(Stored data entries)
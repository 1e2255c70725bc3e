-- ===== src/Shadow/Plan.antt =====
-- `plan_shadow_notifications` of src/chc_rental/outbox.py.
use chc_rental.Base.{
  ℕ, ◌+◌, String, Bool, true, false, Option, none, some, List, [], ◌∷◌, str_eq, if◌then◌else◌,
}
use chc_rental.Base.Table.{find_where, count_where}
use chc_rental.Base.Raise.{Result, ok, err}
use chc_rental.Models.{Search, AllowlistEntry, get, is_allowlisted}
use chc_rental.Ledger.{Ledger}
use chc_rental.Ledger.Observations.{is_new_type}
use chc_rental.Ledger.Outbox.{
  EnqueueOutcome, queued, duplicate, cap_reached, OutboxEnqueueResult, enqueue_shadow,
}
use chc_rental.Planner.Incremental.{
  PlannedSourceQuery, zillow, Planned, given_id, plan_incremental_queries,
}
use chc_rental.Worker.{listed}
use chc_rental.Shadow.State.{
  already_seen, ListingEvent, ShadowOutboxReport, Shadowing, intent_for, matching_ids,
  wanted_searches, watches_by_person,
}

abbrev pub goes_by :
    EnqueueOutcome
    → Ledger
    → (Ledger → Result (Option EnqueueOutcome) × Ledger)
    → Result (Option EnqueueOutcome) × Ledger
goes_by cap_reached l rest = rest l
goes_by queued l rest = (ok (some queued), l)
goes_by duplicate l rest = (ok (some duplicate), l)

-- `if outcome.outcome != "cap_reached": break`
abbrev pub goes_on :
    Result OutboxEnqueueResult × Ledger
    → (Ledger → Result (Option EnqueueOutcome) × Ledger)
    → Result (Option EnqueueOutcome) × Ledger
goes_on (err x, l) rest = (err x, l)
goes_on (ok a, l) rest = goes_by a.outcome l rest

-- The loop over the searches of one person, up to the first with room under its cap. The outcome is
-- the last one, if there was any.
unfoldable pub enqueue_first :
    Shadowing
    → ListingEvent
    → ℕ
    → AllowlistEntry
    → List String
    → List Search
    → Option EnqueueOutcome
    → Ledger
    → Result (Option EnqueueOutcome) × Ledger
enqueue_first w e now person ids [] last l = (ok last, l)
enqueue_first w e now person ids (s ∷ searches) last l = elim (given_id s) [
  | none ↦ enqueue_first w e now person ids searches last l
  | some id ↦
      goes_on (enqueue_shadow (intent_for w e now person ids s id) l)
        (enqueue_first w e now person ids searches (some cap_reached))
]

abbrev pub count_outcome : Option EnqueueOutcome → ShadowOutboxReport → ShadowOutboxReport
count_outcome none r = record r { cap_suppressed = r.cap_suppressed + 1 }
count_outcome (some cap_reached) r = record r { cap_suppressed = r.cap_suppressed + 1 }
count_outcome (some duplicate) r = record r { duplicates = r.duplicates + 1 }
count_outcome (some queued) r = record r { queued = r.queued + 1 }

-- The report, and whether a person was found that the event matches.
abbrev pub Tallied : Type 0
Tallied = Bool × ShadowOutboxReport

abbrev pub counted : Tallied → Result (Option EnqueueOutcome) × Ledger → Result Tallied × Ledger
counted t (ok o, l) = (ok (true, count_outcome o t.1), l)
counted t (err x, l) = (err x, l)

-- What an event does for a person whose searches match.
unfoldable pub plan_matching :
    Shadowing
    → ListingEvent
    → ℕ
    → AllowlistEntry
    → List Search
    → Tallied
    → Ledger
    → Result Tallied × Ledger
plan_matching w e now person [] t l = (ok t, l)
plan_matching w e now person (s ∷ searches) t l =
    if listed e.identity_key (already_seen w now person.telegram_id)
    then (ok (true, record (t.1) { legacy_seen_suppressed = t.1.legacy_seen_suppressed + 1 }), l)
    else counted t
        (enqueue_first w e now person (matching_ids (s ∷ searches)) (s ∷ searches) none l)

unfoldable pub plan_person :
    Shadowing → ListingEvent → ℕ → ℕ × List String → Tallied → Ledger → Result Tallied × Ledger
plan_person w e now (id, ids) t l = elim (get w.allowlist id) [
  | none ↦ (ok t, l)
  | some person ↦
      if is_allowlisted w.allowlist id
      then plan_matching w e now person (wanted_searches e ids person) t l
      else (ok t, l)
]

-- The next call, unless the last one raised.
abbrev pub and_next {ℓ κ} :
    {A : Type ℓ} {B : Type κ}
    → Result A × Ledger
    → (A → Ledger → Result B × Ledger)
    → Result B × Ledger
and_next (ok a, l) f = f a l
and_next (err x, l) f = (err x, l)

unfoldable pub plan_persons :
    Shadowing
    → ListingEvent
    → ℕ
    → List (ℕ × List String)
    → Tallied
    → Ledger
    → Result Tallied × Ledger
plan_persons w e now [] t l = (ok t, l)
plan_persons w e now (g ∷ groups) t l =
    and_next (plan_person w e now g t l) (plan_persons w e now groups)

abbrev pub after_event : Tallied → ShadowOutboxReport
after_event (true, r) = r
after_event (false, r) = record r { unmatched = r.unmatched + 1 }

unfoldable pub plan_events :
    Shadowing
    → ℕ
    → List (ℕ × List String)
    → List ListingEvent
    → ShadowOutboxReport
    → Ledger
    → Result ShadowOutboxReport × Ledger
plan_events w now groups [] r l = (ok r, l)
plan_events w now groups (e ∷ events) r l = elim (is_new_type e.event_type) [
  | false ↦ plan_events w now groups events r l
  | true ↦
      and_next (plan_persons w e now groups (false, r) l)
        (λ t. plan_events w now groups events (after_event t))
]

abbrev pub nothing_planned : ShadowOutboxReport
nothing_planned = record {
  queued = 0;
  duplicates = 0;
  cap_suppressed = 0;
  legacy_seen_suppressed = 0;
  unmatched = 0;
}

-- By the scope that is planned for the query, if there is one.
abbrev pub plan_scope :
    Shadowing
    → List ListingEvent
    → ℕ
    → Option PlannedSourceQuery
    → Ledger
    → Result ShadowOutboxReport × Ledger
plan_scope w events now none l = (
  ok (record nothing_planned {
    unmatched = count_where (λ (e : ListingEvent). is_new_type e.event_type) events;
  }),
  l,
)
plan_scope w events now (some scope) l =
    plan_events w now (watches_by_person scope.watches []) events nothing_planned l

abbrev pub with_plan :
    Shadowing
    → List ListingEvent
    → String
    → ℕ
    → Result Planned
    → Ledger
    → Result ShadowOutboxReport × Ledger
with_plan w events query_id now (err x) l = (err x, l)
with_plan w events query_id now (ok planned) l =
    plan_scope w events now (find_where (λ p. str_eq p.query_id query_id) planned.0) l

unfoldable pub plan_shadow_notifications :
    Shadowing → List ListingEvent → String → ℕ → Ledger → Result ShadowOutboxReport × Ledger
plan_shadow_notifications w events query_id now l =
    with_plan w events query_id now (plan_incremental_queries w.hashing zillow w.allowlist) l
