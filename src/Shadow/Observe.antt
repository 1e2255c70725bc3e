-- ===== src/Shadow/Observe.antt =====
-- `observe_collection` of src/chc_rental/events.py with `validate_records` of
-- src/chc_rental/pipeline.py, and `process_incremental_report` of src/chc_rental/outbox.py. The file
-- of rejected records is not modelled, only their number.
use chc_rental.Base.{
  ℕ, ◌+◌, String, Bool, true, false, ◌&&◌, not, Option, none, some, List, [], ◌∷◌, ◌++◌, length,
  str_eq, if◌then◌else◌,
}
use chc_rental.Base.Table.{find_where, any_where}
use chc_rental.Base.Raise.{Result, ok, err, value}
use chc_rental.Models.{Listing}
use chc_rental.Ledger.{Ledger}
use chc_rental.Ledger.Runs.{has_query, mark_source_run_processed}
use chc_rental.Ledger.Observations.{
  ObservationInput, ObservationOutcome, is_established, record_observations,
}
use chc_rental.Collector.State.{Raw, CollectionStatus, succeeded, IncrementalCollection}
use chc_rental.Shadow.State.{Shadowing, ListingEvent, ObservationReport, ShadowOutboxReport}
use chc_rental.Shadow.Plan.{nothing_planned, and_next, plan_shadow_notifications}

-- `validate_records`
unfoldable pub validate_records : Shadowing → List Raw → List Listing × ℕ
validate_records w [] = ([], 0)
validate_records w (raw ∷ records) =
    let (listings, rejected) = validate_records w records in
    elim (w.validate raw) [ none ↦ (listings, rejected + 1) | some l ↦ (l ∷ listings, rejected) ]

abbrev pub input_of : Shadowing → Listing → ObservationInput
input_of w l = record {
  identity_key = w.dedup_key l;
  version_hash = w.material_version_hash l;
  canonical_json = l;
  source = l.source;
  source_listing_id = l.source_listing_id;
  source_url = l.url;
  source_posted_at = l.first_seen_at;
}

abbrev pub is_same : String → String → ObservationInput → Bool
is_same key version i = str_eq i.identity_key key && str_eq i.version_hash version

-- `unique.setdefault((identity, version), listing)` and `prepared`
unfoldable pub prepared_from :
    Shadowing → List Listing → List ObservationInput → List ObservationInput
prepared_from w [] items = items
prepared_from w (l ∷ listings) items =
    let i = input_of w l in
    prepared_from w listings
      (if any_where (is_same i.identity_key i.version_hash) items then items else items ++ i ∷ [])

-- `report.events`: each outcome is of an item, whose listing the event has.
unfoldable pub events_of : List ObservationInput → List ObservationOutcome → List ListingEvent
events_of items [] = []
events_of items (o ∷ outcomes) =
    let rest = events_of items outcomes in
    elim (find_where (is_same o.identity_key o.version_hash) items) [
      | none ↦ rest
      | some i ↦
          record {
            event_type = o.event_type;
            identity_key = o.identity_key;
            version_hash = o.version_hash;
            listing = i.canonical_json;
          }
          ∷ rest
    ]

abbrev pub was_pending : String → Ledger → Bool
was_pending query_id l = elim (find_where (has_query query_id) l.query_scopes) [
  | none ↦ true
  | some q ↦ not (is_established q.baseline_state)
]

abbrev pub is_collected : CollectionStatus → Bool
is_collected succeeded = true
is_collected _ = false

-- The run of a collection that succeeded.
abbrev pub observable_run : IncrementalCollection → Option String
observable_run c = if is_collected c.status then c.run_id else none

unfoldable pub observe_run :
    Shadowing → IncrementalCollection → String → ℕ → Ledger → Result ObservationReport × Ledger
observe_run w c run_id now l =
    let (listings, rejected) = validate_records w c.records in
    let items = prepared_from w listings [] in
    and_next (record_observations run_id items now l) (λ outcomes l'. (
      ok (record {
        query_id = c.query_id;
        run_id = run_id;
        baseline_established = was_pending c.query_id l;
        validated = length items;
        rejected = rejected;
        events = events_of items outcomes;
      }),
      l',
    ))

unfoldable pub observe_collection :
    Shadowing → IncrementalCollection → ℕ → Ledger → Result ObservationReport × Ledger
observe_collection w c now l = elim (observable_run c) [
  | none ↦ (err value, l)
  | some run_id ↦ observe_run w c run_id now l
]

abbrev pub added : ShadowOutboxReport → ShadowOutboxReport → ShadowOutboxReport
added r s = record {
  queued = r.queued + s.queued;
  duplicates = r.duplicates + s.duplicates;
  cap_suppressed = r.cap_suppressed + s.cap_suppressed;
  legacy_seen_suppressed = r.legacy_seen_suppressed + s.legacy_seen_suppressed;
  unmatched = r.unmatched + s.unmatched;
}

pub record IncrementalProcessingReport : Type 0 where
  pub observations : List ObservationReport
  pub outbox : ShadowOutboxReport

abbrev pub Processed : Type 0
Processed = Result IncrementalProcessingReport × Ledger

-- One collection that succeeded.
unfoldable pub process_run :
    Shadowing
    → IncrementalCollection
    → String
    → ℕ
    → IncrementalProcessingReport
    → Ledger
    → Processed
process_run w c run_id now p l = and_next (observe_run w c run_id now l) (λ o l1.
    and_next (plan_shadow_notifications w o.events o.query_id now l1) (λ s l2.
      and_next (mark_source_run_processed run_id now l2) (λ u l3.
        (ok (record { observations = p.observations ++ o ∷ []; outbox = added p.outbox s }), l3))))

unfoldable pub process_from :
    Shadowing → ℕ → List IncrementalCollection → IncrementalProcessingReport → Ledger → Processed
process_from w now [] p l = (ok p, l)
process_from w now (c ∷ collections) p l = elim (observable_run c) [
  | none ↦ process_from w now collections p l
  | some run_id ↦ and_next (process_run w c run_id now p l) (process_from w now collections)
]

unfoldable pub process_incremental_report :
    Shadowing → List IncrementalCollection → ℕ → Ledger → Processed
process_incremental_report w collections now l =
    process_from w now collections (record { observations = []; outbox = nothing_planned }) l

- Your instructions
Nothing but the lines above from the one containing "(enqueue_first w e now person ids" through the one containing "plan_persons w e now (g" should appear in the answer, each repeated exactly.

- Solution for this task
        (enqueue_first w e now person ids searches (some cap_reached))
]

abbrev pub count_outcome : Option EnqueueOutcome → ShadowOutboxReport → ShadowOutboxReport
count_outcome none r = record r { cap_suppressed = r.cap_suppressed + 1 }
count_outcome (some cap_reached) r = record r { cap_suppressed = r.cap_suppressed + 1 }
count_outcome (some duplicate) r = record r { duplicates = r.duplicates + 1 }
count_outcome (some queued) r = record r { queued = r.queued + 1 }

-- The report, and whether a person was found that the event matches.
abbrev pub Tallied : Type 0
Tallied = Bool × ShadowOutboxReport

abbrev pub counted : Tallied → Result (Option EnqueueOutcome) × Ledger → Result Tallied × Ledger
counted t (ok o, l) = (ok (true, count_outcome o t.1), l)
counted t (err x, l) = (err x, l)

-- What an event does for a person whose searches match.
unfoldable pub plan_matching :
    Shadowing
    → ListingEvent
    → ℕ
    → AllowlistEntry
    → List Search
    → Tallied
    → Ledger
    → Result Tallied × Ledger
plan_matching w e now person [] t l = (ok t, l)
plan_matching w e now person (s ∷ searches) t l =
    if listed e.identity_key (already_seen w now person.telegram_id)
    then (ok (true, record (t.1) { legacy_seen_suppressed = t.1.legacy_seen_suppressed + 1 }), l)
    else counted t
        (enqueue_first w e now person (matching_ids (s ∷ searches)) (s ∷ searches) none l)

unfoldable pub plan_person :
    Shadowing → ListingEvent → ℕ → ℕ × List String → Tallied → Ledger → Result Tallied × Ledger
plan_person w e now (id, ids) t l = elim (get w.allowlist id) [
  | none ↦ (ok t, l)
  | some person ↦
      if is_allowlisted w.allowlist id
      then plan_matching w e now person (wanted_searches e ids person) t l
      else (ok t, l)
]

-- The next call, unless the last one raised.
abbrev pub and_next {ℓ κ} :
    {A : Type ℓ} {B : Type κ}
    → Result A × Ledger
    → (A → Ledger → Result B × Ledger)
    → Result B × Ledger
and_next (ok a, l) f = f a l
and_next (err x, l) f = (err x, l)

unfoldable pub plan_persons :
    Shadowing
    → ListingEvent
    → ℕ
    → List (ℕ × List String)
    → Tallied
    → Ledger
    → Result Tallied × Ledger
plan_persons w e now [] t l = (ok t, l)
plan_persons w e now (g ∷ groups) t l =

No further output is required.